[[ Material provided, beginning ]]

-- ===== src/OpCache/Entries.antt =====
-- What the loops of `OpValueCache` do to the entry of one id.
use opendht.Prelude.{
  ℕ, ◌≡◌, ◌∙◌, sym, ap, refl, true, List, [], ◌∷◌, Option, none, some, arith, ltb, ◌==◌, ==_iff,
  if◌then◌else◌, inl, inr, Bool-cases, Option-cases,
}
use opendht.Prelude.Map.{Map, find-emplace, find-update, find-erase}
use opendht.Prelude.Map
use opendht.Time.{TimePoint}
use opendht.Value.{Value}
use opendht.OpCache.{OpCacheValueStorage, merge, added_loop, drop_ref, expired_loop}

-- What an announcement and an expiration make of the entry of their id.
abbrev pub announce_one :
    TimePoint → Value → Option OpCacheValueStorage → Option OpCacheValueStorage
announce_one t v none = some (record { stored = v; ref_count = 1; updated = t })
announce_one t v (some c) = some (merge t v c)

abbrev pub expire_one : TimePoint → Option OpCacheValueStorage → Option OpCacheValueStorage
expire_one t none = none
expire_one t (some c) =
    if ltb t c.updated
    then some c
    else if (drop_ref t c).ref_count == 0
    then none
    else some (drop_ref t c)

unfoldable pub announce_many :
    ℕ → TimePoint → List Value → Option OpCacheValueStorage → Option OpCacheValueStorage
announce_many k t [] o = o
announce_many k t (v ∷ vs) o = announce_many k t vs (if v.id == k then announce_one t v o else o)

unfoldable pub expire_many :
    ℕ → TimePoint → List ℕ → Option OpCacheValueStorage → Option OpCacheValueStorage
expire_many k t [] o = o
expire_many k t (vid ∷ vids) o = expire_many k t vids (if vid == k then expire_one t o else o)

find_same : (i k : ℕ) (m : Map OpCacheValueStorage) → i == k ≡ true → Map.find k m ≡ Map.find i m
find_same i k m h = ap (λ j. Map.find j m) (sym ((==_iff i k).0 h))

-- The loops change the entry of an id by the values with that id, and by nothing else.
pub find-added_loop :
    (k : ℕ) (t : TimePoint) (vs : List Value) (m : Map OpCacheValueStorage)
    → Map.find k (added_loop t vs m).0 ≡ announce_many k t vs (Map.find k m)
unfolding added_loop announce_many
find-added_loop k t [] m = refl
find-added_loop k t (v ∷ vs) m = elim (Option-cases (Map.find v.id m)) [
  | inl absent ↦
      let fresh : OpCacheValueStorage = record { stored = v; ref_count = 1; updated = t } in
      rw (absent, added_loop)
        (find-added_loop k t vs (Map.emplace v.id fresh m)
          ∙ ap (announce_many k t vs) (elim (Bool-cases (v.id == k)) [
            | inl hit ↦ ground (arith, find-emplace v.id k fresh m, absent, hit, find_same v.id k m)
            | inr miss ↦ ground (arith, find-emplace v.id k fresh m, miss)
          ]))
  | inr (c, there) ↦
      rw (there, added_loop)
        (find-added_loop k t vs (Map.update v.id (merge t v) m)
          ∙ ap (announce_many k t vs) (elim (Bool-cases (v.id == k)) [
            | inl hit ↦
                ground (arith, find-update v.id k (merge t v) m, there, hit, find_same v.id k m)
            | inr miss ↦ ground (arith, find-update v.id k (merge t v) m, miss)
          ]))
]

pub find-expired_loop :
    (k : ℕ) (t : TimePoint) (vids : List ℕ) (m : Map OpCacheValueStorage)
    → Map.find k (expired_loop t vids m).0 ≡ expire_many k t vids (Map.find k m)
unfolding expired_loop expire_many
find-expired_loop k t [] m = refl
find-expired_loop k t (i ∷ is) m = elim (Option-cases (Map.find i m)) [
  | inl absent ↦
      rw (absent, expired_loop)
        (find-expired_loop k t is m
          ∙ ap (expire_many k t is) (ground (arith, absent, find_same i k m)))
  | inr (c, there) ↦ elim (Bool-cases (ltb t c.updated)) [
    | inl later ↦
        rw (there, later, expired_loop)
          (find-expired_loop k t is m
            ∙ ap (expire_many k t is) (ground (arith, there, later, find_same i k m)))
    | inr due ↦ elim (Bool-cases ((drop_ref t c).ref_count == 0)) [
      | inl last ↦
          rw (there, due, last, expired_loop)
            (find-expired_loop k t is (Map.erase i m)
              ∙ ap (expire_many k t is)
                  (ground (arith, find-erase i k m, there, due, last, find_same i k m)))
      | inr more ↦
          rw (there, due, more, expired_loop)
            (find-expired_loop k t is (Map.update i (drop_ref t) m)
              ∙ ap (expire_many k t is) (
                  ground
                    (arith, find-update i k (drop_ref t) m, there, due, more, find_same i k m)))
    ]
  ]
]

[[ Material provided, end ]]

Task description => In your reply, restate exactly the lines from the start of the records above through the line holding "unfolding added_loop announce_many", including both, and nothing else.

Response box =>
-- ===== src/OpCache/Entries.antt =====
-- What the loops of `OpValueCache` do to the entry of one id.
use opendht.Prelude.{
  ℕ, ◌≡◌, ◌∙◌, sym, ap, refl, true, List, [], ◌∷◌, Option, none, some, arith, ltb, ◌==◌, ==_iff,
  if◌then◌else◌, inl, inr, Bool-cases, Option-cases,
}
use opendht.Prelude.Map.{Map, find-emplace, find-update, find-erase}
use opendht.Prelude.Map
use opendht.Time.{TimePoint}
use opendht.Value.{Value}
use opendht.OpCache.{OpCacheValueStorage, merge, added_loop, drop_ref, expired_loop}

-- What an announcement and an expiration make of the entry of their id.
abbrev pub announce_one :
    TimePoint → Value → Option OpCacheValueStorage → Option OpCacheValueStorage
announce_one t v none = some (record { stored = v; ref_count = 1; updated = t })
announce_one t v (some c) = some (merge t v c)

abbrev pub expire_one : TimePoint → Option OpCacheValueStorage → Option OpCacheValueStorage
expire_one t none = none
expire_one t (some c) =
    if ltb t c.updated
    then some c
    else if (drop_ref t c).ref_count == 0
    then none
    else some (drop_ref t c)

unfoldable pub announce_many :
    ℕ → TimePoint → List Value → Option OpCacheValueStorage → Option OpCacheValueStorage
announce_many k t [] o = o
announce_many k t (v ∷ vs) o = announce_many k t vs (if v.id == k then announce_one t v o else o)

unfoldable pub expire_many :
    ℕ → TimePoint → List ℕ → Option OpCacheValueStorage → Option OpCacheValueStorage
expire_many k t [] o = o
expire_many k t (vid ∷ vids) o = expire_many k t vids (if vid == k then expire_one t o else o)

find_same : (i k : ℕ) (m : Map OpCacheValueStorage) → i == k ≡ true → Map.find k m ≡ Map.find i m
find_same i k m h = ap (λ j. Map.find j m) (sym ((==_iff i k).0 h))

-- The loops change the entry of an id by the values with that id, and by nothing else.
pub find-added_loop :
    (k : ℕ) (t : TimePoint) (vs : List Value) (m : Map OpCacheValueStorage)
    → Map.find k (added_loop t vs m).0 ≡ announce_many k t vs (Map.find k m)
unfolding added_loop announce_many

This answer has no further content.